Configure IDOL Site Admin to Use the Reverse Proxy

You configure IDOL Site Admin to use a reverse proxy by setting the server.reverseProxy system property.

When you set server.reverseProxy to true, the IDOL Site Admin application listens for AJP connections on a port that you can define by using the server.ajp.port system property.

In AJP mode, the reverse proxy must translate incoming HTTP(S) connections from your clients into AJP connections to IDOL Site Admin. The application reads the user name from incoming requests, so you must set up remote authentication. You cannot encrypt the connection from the reverse proxy to the application.

You can also use a HTTP reverse proxy. You cannot use remote authentication in this mode. Users authenticate by using the proxied login page. However, you can encrypt the connection with SSL.

In both these methods, the reverse proxy must rewrite the request path, response Location headers, and cookie paths.

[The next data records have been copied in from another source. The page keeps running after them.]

-- ===== src/Lib.antt =====
-- A model of the browser side of the goradd server: the library assets/js/goradd.js, the shim
-- between the Go code and the page, and the scripts that build on it.
--
-- The parts and how they interact. Handlers on the page, which `on` attaches, queue actions
-- (`queueAction`), which the named timers run (`setTimer`, `processActions`). An action posts the form
-- through the ajax queue (`goradd.ajaxq`), which sends one request after another and hands each
-- reply to the page, or through the form itself (`postBack`); a request carries the controls that
-- have changed (`_getAjaxData`), so that the server keeps up with the page. A reply waits for its
-- files, replaces controls, which are registered again (`_registerControls`), and runs commands,
-- whose arguments are unpacked into values of the language (`_unpackArray`). Elements are wrapped in
-- controls (`g`), found and moved in the tree of the page; widgets extend `goradd.Control`
-- (`extendWidget`), their options are merged from defaults (`extend`, `extendOptions`). Watchers ask
-- for controls to be drawn again when the server sends a message on a channel of the web socket,
-- through `throttle` and another post.
--
-- Which file models what (every path below from the repository's root; where no file is named,
-- it is assets/js/goradd.js):
--   Base: names shared by all, tests, lists, dictionaries keyed by text, integers.
--   Ajaxq: `goradd.ajaxq`, a record of `_q`, `_currentRequests` and `_idCounter` with what was sent
--     and told; one function for each of `enqueue`, `isRunning`, `_dequeue`, `_do1` and the
--     handlers of the request, with the exceptions of `success` and `error`; a history is a list of
--     events.
--   Timers: `setTimer`, `clearTimer`, `hasTimer`, `throttle`, the control timers, with the browser's
--     clock and pending timers; a history is a derivation of a step relation.
--   Actions: `queueAction` and `processActions` over Timers.
--   Watchers: `_addWatcher`, `_processWatcherMessage`, `refresh`.
--   Value: the values of the language, `each`; Value/Extend: `extend`, `extendOptions`;
--     Value/Unpack: `_unpackArray`, `_unpackObj`, `unpackJsonDate`;
--     Value/Unpack/Typed: the types of what is packed.
--   Posting: `_getAjaxData`, `setControlValue`, `postBack`, `postAjax`, and `displayAjaxError` of
--     assets/js/goradd-debug.js: a record of the private variables and the inputs of the form.
--   Session: the specification of Posting: what the server holds of the controls, as a function
--     of the keys, and the edits and posts as a step relation.
--   Exchange: the composition of Ajaxq, Posting and Session: what `postAjax` queues, builds and sends,
--     what is on the way, and what the server holds; a history is a list of happenings.
--   Redraw: the composition of Watchers, the timer of `updateForm`, and Exchange: from a message of
--     the server to the request for a control.
--   Forms: the handler of `submit`, `setRadioInGroup`.
--   Responses: the loading of files and the commands of `_processAjax` and `_processAjax2`, and
--     `_processFinalCommands`; Responses/Invoke: `processCommand` over an interface of objects;
--     Responses/Replace: the controls that `_processAjax2` replaces.
--   Elements: `attr`, `class`, `data`, `val`, `hide` and `show` of `goradd.Control`;
--     Elements/Styles: `css` and `prop`.
--   Wrappers: `el`, `g`, the constructor of `goradd.Control`. Layout: `width`, `height`.
--   Dom: the tree of elements, as the children of each, with the calls of `goradd.TagBuilder` and
--     `goradd.Control` that place and find elements; Dom/Columns: `columnId`. Builder: what
--     `goradd.TagBuilder` gives to a new element.
--   Widgets: `extendWidget`, with classes as chains of prototypes, and the options of
--     `goradd.Widget`.
--   Utilities: `findNamedObject`, `setCookie`, `proxyVal`, the loading of files, the end of
--     `_processAjax2`. Escape: `textToHtml`.
--   Events: the function that `on` makes of a handler, with the parents of the target as a list;
--     Events/Listeners: `on` and `off`; Events/Trigger: `trigger`, `click`.
--   Registration: `_registerControls`, `_registerControl`, `_fromKebab`, `attachWidget`.
--   FileSelect: the widget of assets/js/file_select.js.
--   Capture: the widget of assets/js/image-capture.js, with the cameras, intervals and open requests
--     of the browser; a history is a list of events.
--   Messages: `subscribe` and the handlers of messenger/ws/assets/js/goradd-ws.js;
--     Messages/Socket: the life of the sockets, beside the watchers.
--   SelectTable: the widget of assets/js/table-select.js, with its rows as a list;
--     SelectTable/Opening: its scroller.
--   Scroll: `_newScrollTop` and `scrollIntoView` of assets/js/goradd-scrollIntoView.js.
--   Tests: runs at concrete inputs.
--
-- Bounds and fuel. Numbers are natural numbers, integers in Scroll and Layout, and fractions that are
-- not rounded in Capture/Framing. `processActions` takes fuel, since an action may queue others, and
-- Actions/Drain gives enough for it; so do `process_final_commands`, for which the number of the
-- commands is enough, `construct`, for which the length of the chain of classes is, and `parents`,
-- `closest` and `columnId`, for which the height of the tree is. All other loops recur on their lists.
-- Dictionaries keep keys in the order of insertion.
--
-- Not modelled: rendering, network transport, the Go packages of the server, the style sheets, and
-- of goradd.js the calls that only hand something to the browser (text, html, focus, cloning,
-- redirection, alerts).
-- The code of the page that handlers and callbacks run is opaque, but for the calls that it makes of
-- the part at hand; `JSON.parse`, dates, `new Function`, selectors and the layout are parameters.
pub mod Actions
pub mod Ajaxq
pub mod Base
pub mod Builder
pub mod Capture
pub mod Dom
pub mod Elements
pub mod Escape
pub mod Events
pub mod Exchange
pub mod FileSelect
pub mod Forms
pub mod Layout
pub mod Messages
pub mod Posting
pub mod Redraw
pub mod Registration
pub mod Responses
pub mod Scroll
pub mod SelectTable
pub mod Session
pub mod Tests
pub mod Timers
pub mod Utilities
pub mod Value
pub mod Watchers
pub mod Widgets
pub mod Wrappers
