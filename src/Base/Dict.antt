-- ===== src/Base/Dict.antt =====
-- A plain object of the source used as a dictionary: an association list keyed by text, in the
-- order in which the keys were first set.
use Prim.Native.String.{String}
use mathlib.Core.Path.{◌≡◌, refl}
use mathlib.Core.Option.{Option, none, some}
use mathlib.Core.List.{List, [], ◌∷◌}
use native.Mathlib.Omega.{arith}
use text.Mathlib.Text.{◌==◌}
use text.Mathlib.TextEquality.{eq_iff}
use text.Mathlib.TextPositions.{eq_refl}
use serve.Base.Tests.{if◌then◌else◌}

-- What the source writes `{k1: v1, k2: v2}`.
abbrev pub Dict {ℓ} : Type ℓ → Type ℓ
Dict V = List (String × V)

module _ {ℓ} {V : Type ℓ} where
  -- `d[key]`, `none` standing for `undefined`
  unfoldable pub lookup : String → Dict V → Option V
  lookup key [] = none
  lookup key (entry ∷ rest) = if entry.0 == key then some (entry.1) else lookup key rest

  -- `d[key] = value`: a key that is set again keeps its place
  unfoldable pub insert : String → V → Dict V → Dict V
  insert key value [] = (key, value) ∷ []
  insert key value (entry ∷ rest) =
      if entry.0 == key then (entry.0, value) ∷ rest else entry ∷ insert key value rest

  -- `delete d[key]`
  unfoldable pub remove : String → Dict V → Dict V
  remove key [] = []
  remove key (entry ∷ rest) = if entry.0 == key then remove key rest else entry ∷ remove key rest

  -- `Object.keys`
  abbrev pub keys : Dict V → List String
  keys [] = []
  keys (entry ∷ rest) = entry.0 ∷ keys rest

  pub lookup-insert :
      (key other : String) (value : V) (d : Dict V)
      → lookup other (insert key value d) ≡ (if key == other then some value else lookup other d)
  unfolding lookup insert
  lookup-insert key other value [] = refl
  lookup-insert key other value (entry ∷ rest) = ground (
    arith,
    eq_iff key other,
    eq_iff (entry.0) key,
    eq_iff (entry.0) other,
    lookup-insert key other value rest,
  )

  pub lookup-insert_self :
      (key : String) (value : V) (d : Dict V) → lookup key (insert key value d) ≡ some value
  lookup-insert_self key value d = simp (lookup-insert, eq_refl)

  pub lookup-remove :
      (key other : String) (d : Dict V)
      → lookup other (remove key d) ≡ (if key == other then none else lookup other d)
  unfolding lookup remove
  lookup-remove key other [] = ground arith
  lookup-remove key other (entry ∷ rest) = ground (
    arith,
    eq_iff key other,
    eq_iff (entry.0) key,
    eq_iff (entry.0) other,
    lookup-remove key other rest,
  )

By default, server.reverseProxy is false. In this case, the IDOL Site Admin application is available only over HTTP or HTTPS, without a reverse proxy.

Set the Reverse Proxy System Property

You can use the following procedure to set the server.reverseProxy system property.

To configure IDOL Site Admin to use a reverse proxy

  1. At the command line, send the java run command with the server.reverseProxy argument set to true. For example:

    java -Dserver.reverseProxy=true -Didol.siteadmin.home=[home directory] -Dserver.port=[port] -jar siteadmin.jar

    By default, this option opens an AJP port on port 8009. To use a different port, set the server.ajp.port argument to the correct port number.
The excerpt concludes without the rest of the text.